There is one possible tangential relationship, however. As I've been
researching the transactions, early indications point to a portion of the
stolen BTC and NBT from Excoin being placed on BTER prior to BTER's
announcement. If this is the case, the parties responsble for the Excoin theft
may have inadvertently deposited their coins into an exchange that was
subsequently pillaged...

(Disclosure: I'm a member of the Nu development team, so Excoin's and BTER's
exchange problems affect our community)

------
ogig
"...We fixed the caching issues with the trades and moved forward"

Caching trade info sound like a bad idea. Atomic and transactional operations
directly to the ledger so integrity is easier to achieve sounds like the way
to go. A caching layer gives basically speed at the cost of simplicity, not
sure if I'd like that when running a btc exchange. Am i wrong?

Of course we don't know the exact nature of those "caching issues" so my
comment is highly especulative regarding the nature of that cache.

------
sek
I think a trustworthy Bitcoin exchange requires the software development
capabilities/requirements similar to a real bank.

The amount of money at stake is probably not he same, but the anonymity of
Bitcoin makes up for attractiveness as a target.

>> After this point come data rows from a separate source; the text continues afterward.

-- ===== src/Chapters/Read/Settled.antt =====
-- db/migrations/055_chapter_reads.sql: the view of the titles that miss their chapters, in SQL's logic of
-- three values, and what NeedsOriginal (internal/chapters/chapters.go) reads of it.
use katalog_manager.Base.{
  ℕ, ◌≡◌, Bool, true, false, not, ◌&&◌, ◌||◌, Option, none, some, is_some, List, ◌==◌, arith,
}
use katalog_manager.Chapters.Title.{Chapter, has_chapters}
use katalog_manager.Chapters.Read.{
  Read, ReadState, state_none, state_unreadable, is_held, settles, held_of, of_source,
}

-- A truth value of SQL; none is NULL.
abbrev pub Truth : Type 0
Truth = Option Bool

abbrev pub sql_and : Truth → Truth → Truth
sql_and (some false) b = some false
sql_and (some true) b = b
sql_and none (some false) = some false
sql_and none b = none

abbrev pub sql_or : Truth → Truth → Truth
sql_or (some true) b = some true
sql_or (some false) b = b
sql_or none (some true) = some true
sql_or none b = none

-- COALESCE(..., false)
abbrev pub is_true : Truth → Bool
is_true (some b) = b
is_true none = false

abbrev pub sql_equal : Option ℕ → ℕ → Truth
sql_equal none s = none
sql_equal (some r) s = some (r == s)

abbrev pub is_distinct : Option ℕ → ℕ → Bool
is_distinct none s = true
is_distinct (some r) s = not (r == s)

abbrev is_none_state : ReadState → Bool
is_none_state state_none = true
is_none_state _ = false

abbrev is_unreadable : ReadState → Bool
is_unreadable state_unreadable = true
is_unreadable _ = false

-- The columns of the row that the view joins: all NULL for a title without one.
abbrev column : (Read → Bool) → Option Read → Truth
column f none = none
column f (some r) = some (f r)

abbrev source_column : (Read → Option ℕ) → Option Read → Option ℕ
source_column f none = none
source_column f (some r) = f r

abbrev state_is_distinct : Option Read → Bool
state_is_distinct none = true
state_is_distinct (some r) = not (is_held r.state)

-- The condition of the view under its last AND NOT: a read settled the title of its original cur.
unfoldable pub view_settles : Option Read → ℕ → Bool → Bool
view_settles r cur chapters = is_true (
    sql_and (some (state_is_distinct r || is_distinct (source_column (λ k. k.source) r) cur)) (
      sql_or
        (sql_or (sql_and (sql_equal (source_column (λ k. k.rows_source) r) cur) (some chapters)) (
          sql_and
            (sql_and
              (sql_and (sql_equal (source_column (λ k. k.source) r) cur)
                (column (λ k. is_none_state k.state) r))
              (column (λ k. k.confirmed) r))
            (some (not chapters))))
        (sql_and
          (sql_and (sql_equal (source_column (λ k. k.source) r) cur)
            (column (λ k. is_unreadable k.state) r))
          (some (is_some (source_column (λ k. k.accepted_at) r))))))

-- What the compliance check's record says: of which source it is, and whether that has chapters.
pub record Record : Type 0 where
  pub source : Option ℕ
  pub says : Truth

abbrev says_none : Option Record → ℕ → Truth
says_none none cur = none
says_none (some c) cur =
    sql_and (sql_and (sql_equal c.source cur) (some (is_some c.says)))
      (elim c.says [ none ↦ none | some b ↦ some (not b) ])

-- The condition before it: the record says that the original holds none, and the catalog holds none.
unfoldable pub record_settles : Option Record → Option Read → ℕ → Bool → Bool
record_settles c r cur chapters = is_true (
    sql_and (sql_and (says_none c cur) (some (not chapters)))
      (some (state_is_distinct r || is_distinct (source_column (λ k. k.source) r) cur)))

-- NeedsOriginal of a movie or an episode whose current original is current, of the source named (none
-- is "").
unfoldable pub needs_original :
    Option Record → Option Read → Option ℕ → List Chapter → Option ℕ → Bool
unfolding view_settles record_settles
needs_original c r none chs source = false
needs_original c r (some cur) chs source =
    (not (is_some source) || not (is_distinct source cur))
    && not (record_settles c r cur (has_chapters chs))
    && not (view_settles r cur (has_chapters chs))

-- A read settles a title's original, as the service reckons it, exactly when the view's condition does.
pub settles-view_settles :
    (r : Read) (cur : ℕ) (chapters : Bool)
    → settles r (some cur) chapters ≡ view_settles (some r) cur chapters
unfolding settles view_settles held_of of_source
settles-view_settles r cur chapters = ground arith
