-- ===== src/Chapters/Take/Fewer.antt =====
-- internal/chapters/chapters.go: what take answers, and that put leaves no fewer chapters than it is given.
use katalog_manager.Base.{
  ℕ, suc, ◌≤◌, ◌≡◌, refl, ap, ◌∙◌, inl, inr, true, false, ◌&&◌, Option, List, [], ◌∷◌, length,
  Bool-cases, arith,
}
use katalog_manager.Base.Choice.{insert_by, sort_by}
use katalog_manager.Chapters.Title.{
  Chapter, has_chapters, same, written, Row, rows_of, comes_before, chapters_in,
}
use katalog_manager.Chapters.Title.Kept.{has_chapters-written}
use katalog_manager.Chapters.Read.{Replacer, Kept}
use katalog_manager.Chapters.Take.{
  How, take_write, take_keep, take_none, take_stay, take_hold, take, is_other, replace, put,
}

length-insert_by :
    (c : Row) (cs : List Row) → length (insert_by comes_before c cs) ≡ suc (length cs)
unfolding insert_by
length-insert_by c [] = refl
length-insert_by c (d ∷ cs) = ground (arith, length-insert_by c cs)

length-sort_by : (rows : List Row) → length (sort_by comes_before rows) ≡ length rows
unfolding sort_by
length-sort_by [] = refl
length-sort_by (r ∷ rows) =
    length-insert_by r (sort_by comes_before rows) ∙ ap suc (length-sort_by rows)

length-chapters_in : (rows : List Row) → length (chapters_in rows) ≡ length rows
length-chapters_in [] = refl
length-chapters_in (r ∷ rows) = ap suc (length-chapters_in rows)

length-rows_of : (ids : ℕ → ℕ) (cs : List Chapter) → length (rows_of ids cs) ≡ length cs
unfolding rows_of
length-rows_of ids [] = refl
length-rows_of ids (c ∷ cs) = ap suc (length-rows_of (λ i. ids (suc i)) cs)

length-written : (ids : ℕ → ℕ) (cs : List Chapter) → length (written ids cs) ≡ length cs
unfolding written
length-written ids cs =
    length-chapters_in (sort_by comes_before (rows_of ids cs))
    ∙ (length-sort_by (rows_of ids cs) ∙ length-rows_of ids cs)

-- What each answer of take says of the chapters in the catalog and of those read.
abbrev pub Says : List Chapter → List Chapter → Option ℕ → Option ℕ → How → Type 0
Says have got rows source take_write =
    (has_chapters got ≡ true) × ((is_other rows source ≡ false) → length have ≤ length got)
Says have got rows source take_keep = (has_chapters got ≡ true) × (has_chapters have ≡ true)
Says have got rows source take_none =
    (has_chapters got ≡ false) × ((is_other rows source ≡ false) → has_chapters have ≡ false)
Says have got rows source take_stay = has_chapters have ≡ true
Says have got rows source take_hold = has_chapters have ≡ true

length-none : (cs : List Chapter) → has_chapters cs ≡ false → length cs ≡ 0
length-none [] h = refl
length-none (c ∷ cs) h = cc

pub take-Says :
    (have got : List Chapter) (rows source : Option ℕ)
    → Says have got rows source (take have got rows source).0
unfolding take
take-Says have got rows source = ground (arith, length-none have)

-- The chapters before stand, or they were of another original than the read's, or there are no fewer.
pub data NoLoss (rows source : Option ℕ) (before after : List Chapter) : Type 0 where
  stands : after ≡ before → NoLoss rows source before after
  of_other : is_other rows source ≡ true → NoLoss rows source before after
  no_fewer : length before ≤ length after → NoLoss rows source before after

written-NoLoss :
    (ids : ℕ → ℕ) (have got : List Chapter) (rows source : Option ℕ)
    → ((is_other rows source ≡ false) → length have ≤ length got)
    → NoLoss rows source have (written ids got)
written-NoLoss ids have got rows source h = elim (Bool-cases (is_other rows source)) [
  | inl e ↦ of_other e
  | inr e ↦ no_fewer (rw (length-written ids got) (h e))
]

pub put-NoLoss :
    (got : List Chapter) (source : Option ℕ) (by : Replacer) (now : ℕ) (k : Kept)
    → ((is_other k.row.rows_source source ≡ false) → length k.chapters ≤ length got)
    → NoLoss k.row.rows_source source k.chapters
        (put got k.row.rows_source source by now k).chapters
unfolding put replace
put-NoLoss got source by now k h = elim (Bool-cases (has_chapters got && same k.chapters got)) [
  | inl e ↦ rw e (stands refl)
  | inr e ↦ rw e (written-NoLoss k.ids k.chapters got k.row.rows_source source h)
]

-- The answers after which put is called leave no fewer of the same original, or of none known.
pub none-fewer :
    (have got : List Chapter) (rows source : Option ℕ)
    → Says have got rows source take_none
    → (is_other rows source ≡ false)
    → length have ≤ length got
none-fewer have got rows source (e, h) o = omega (arith, length-none have (h o))

same-has_chapters :
    (have got : List Chapter) → same have got ≡ true → has_chapters have ≡ has_chapters got
unfolding same
same-has_chapters [] [] h = refl
same-has_chapters [] (c ∷ cs) h = cc
same-has_chapters (d ∷ ds) [] h = cc
same-has_chapters (d ∷ ds) (c ∷ cs) h = refl

-- There are chapters after put exactly when it was given some.
pub has_chapters-put :
    (got : List Chapter) (rows source : Option ℕ) (by : Replacer) (now : ℕ) (k : Kept)
    → has_chapters (put got rows source by now k).chapters ≡ has_chapters got
unfolding put replace
has_chapters-put got rows source by now k =
    elim (Bool-cases (has_chapters got && same k.chapters got)) [
      | inl e ↦ rw e (same-has_chapters k.chapters got (ground (arith, e)))
      | inr e ↦ rw e (has_chapters-written k.ids got)
    ]
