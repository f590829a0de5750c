-- ===== src/Chapters/FromRecord/Settled.antt =====
-- internal/chapters/backfill.go: FromRecord answers whether the record settled the title.
use katalog_manager.Base.{
  ℕ, ◌≡◌, refl, sym, ◌∙◌, inl, inr, Bool, true, false, ◌||◌, Option, some, is_some, List,
  Bool-cases, ==_refl, arith,
}
use katalog_manager.Base.Text.{Text, is_empty}
use katalog_manager.Chapters.Title.{Chapter, has_chapters}
use katalog_manager.Chapters.Read.{Read, Kept, from_record, by_reader, settles, held_of, of_source}
use katalog_manager.Chapters.Read.Settled.{
  needs_original, view_settles, settles-view_settles, Record,
}
use katalog_manager.Chapters.Take.{
  RecordRead, says, How, take_write, take_keep, take_none, take_stay, take_hold, take, put,
  set_rows_source,
}
use katalog_manager.Chapters.Take.Fewer.{Says, take-Says, has_chapters-put}
use katalog_manager.Chapters.FromRecord.{
  from_record_kept, take_record, settled_row, put_reason, noted,
}

-- The answer true: the title is settled of its original. The answer false: its chapters are as before.
abbrev Answers : ℕ → Kept → Bool × Kept → Type 0
Answers source k (true, after) =
    settles after.row (some source) (has_chapters after.chapters) ≡ true
Answers source k (false, after) = after.chapters ≡ k.chapters

module _ (source : ℕ) (rec : RecordRead) (now : ℕ) (reason : Text) where
  settled_none :
      (k : Kept)
      → has_chapters rec.chapters ≡ false
      → has_chapters k.chapters ≡ false
      → settles (settled_row source rec now reason k).row (some source) (has_chapters k.chapters)
        ≡ true
  unfolding settles settled_row held_of of_source
  settled_none k g h = ground (arith, ==_refl source)

  settled_some :
      (k : Kept)
      → has_chapters rec.chapters ≡ true
      → has_chapters k.chapters ≡ true
      → k.row.rows_source ≡ some source
      → settles (settled_row source rec now reason k).row (some source) (has_chapters k.chapters)
        ≡ true
  unfolding settles settled_row held_of of_source
  settled_some k g h e = ground (arith, ==_refl source)

rows_of :
    (got : List Chapter) (source : ℕ) (now : ℕ) (k : Kept)
    → has_chapters got ≡ true
    → (put got k.row.rows_source (some source) (by_reader from_record) now k).row.rows_source
      ≡ some source
unfolding put
rows_of got source now k g = rw g refl

module _ (source : ℕ) (present : Bool) (rec : RecordRead) (now : ℕ) (k : Kept) where
  take_record-Answers :
      (how : How) (why : Text)
      → Says k.chapters rec.chapters k.row.rows_source (some source) how
      → Answers source k (take_record source present rec now (how, why) k)
  unfolding take_record settled_row noted
  take_record-Answers take_write why s =
      let after = put rec.chapters k.row.rows_source (some source) (by_reader from_record) now k in
      settled_some source rec now (put_reason rec k) after s.0
        (has_chapters-put rec.chapters k.row.rows_source (some source) (by_reader from_record) now k
          ∙ s.0)
        (rows_of rec.chapters source now k s.0)
  take_record-Answers take_keep why s =
      settled_some source rec now _ (set_rows_source (some source) k) s.0 s.1 refl
  take_record-Answers take_none why s =
      let after = put rec.chapters k.row.rows_source (some source) (by_reader from_record) now k in
      settled_none source rec now (put_reason rec k) after s.0 (
        has_chapters-put rec.chapters k.row.rows_source (some source) (by_reader from_record) now k
        ∙ s.0)
  take_record-Answers take_stay why s = refl
  take_record-Answers take_hold why s = refl

  from_record_kept-Answers : Answers source k (from_record_kept source present rec now k)
  unfolding from_record_kept noted
  from_record_kept-Answers =
      let t = take k.chapters rec.chapters k.row.rows_source (some source) in
      let passed =
        is_some k.row.claimed_at
        || held_of k.row (some source)
        || settles k.row (some source) (has_chapters k.chapters) in
      elim (Bool-cases passed) [
        | inl e ↦ rw e refl
        | inr e ↦ rw e (elim (Bool-cases (is_empty rec.held)) [
          | inr h ↦ rw h refl
          | inl h ↦ rw h (elim (Bool-cases (says rec)) [
            | inr s ↦ rw s refl
            | inl s ↦ rw s (
                take_record-Answers t.0 t.1
                  (take-Says k.chapters rec.chapters k.row.rows_source (some source)))
          ])
        ])
      ]

when_true :
    (source : ℕ) (k : Kept) (a : Bool × Kept)
    → Answers source k a
    → a.0 ≡ true
    → settles a.1.row (some source) (has_chapters a.1.chapters) ≡ true
when_true source k (true, after) h e = h
when_true source k (false, after) h e = cc

when_false :
    (source : ℕ) (k : Kept) (a : Bool × Kept)
    → Answers source k a
    → a.0 ≡ false
    → a.1.chapters ≡ k.chapters
when_false source k (true, after) h e = cc
when_false source k (false, after) h e = h

not_needed :
    (c : Option Record) (r : Read) (source : ℕ) (chs : List Chapter) (asked : Option ℕ)
    → settles r (some source) (has_chapters chs) ≡ true
    → needs_original c (some r) (some source) chs asked ≡ false
unfolding needs_original
not_needed c r source chs asked h =
    let v : view_settles (some r) source (has_chapters chs) ≡ true =
      sym (settles-view_settles r source (has_chapters chs)) ∙ h in
    ground (arith, v)

-- When FromRecord answers that the source record settled the title, the title is not among those that
-- miss their chapters, of that original as its current one, whatever the compliance check's record says.
pub from_record_kept-needs_original :
    (source : ℕ) (present : Bool) (rec : RecordRead) (now : ℕ) (k : Kept) (c : Option Record)
    (asked : Option ℕ)
    → (from_record_kept source present rec now k).0 ≡ true
    → let after = (from_record_kept source present rec now k).1 in
      needs_original c (some after.row) (some source) after.chapters asked ≡ false
from_record_kept-needs_original source present rec now k c asked h =
    let a = from_record_kept source present rec now k in
    not_needed c a.1.row source a.1.chapters asked
      (when_true source k a (from_record_kept-Answers source present rec now k) h)

-- When it answers that it did not, the title's chapters are as before.
pub from_record_kept-false :
    (source : ℕ) (present : Bool) (rec : RecordRead) (now : ℕ) (k : Kept)
    → (from_record_kept source present rec now k).0 ≡ false
    → (from_record_kept source present rec now k).1.chapters ≡ k.chapters
from_record_kept-false source present rec now k h =
    when_false source k _ (from_record_kept-Answers source present rec now k) h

AFAIK most smaller banks use third party software/services. Maybe there is a
need for a bitcoin exchange software provider that takes care of the critical
parts and you build your interface/business on top.

------
smoyer
"I will be resigning from Blackwave Labs and looking for regular full time
employment to help pay back the lost funds. I will also ask drunkonsound to
help cover my loses with Blackwave Labs holdings as well."

They may not have been good at security but I still have to admire someone who
is willing to take responsibility for their mistakes. Where's Mark Karpeles?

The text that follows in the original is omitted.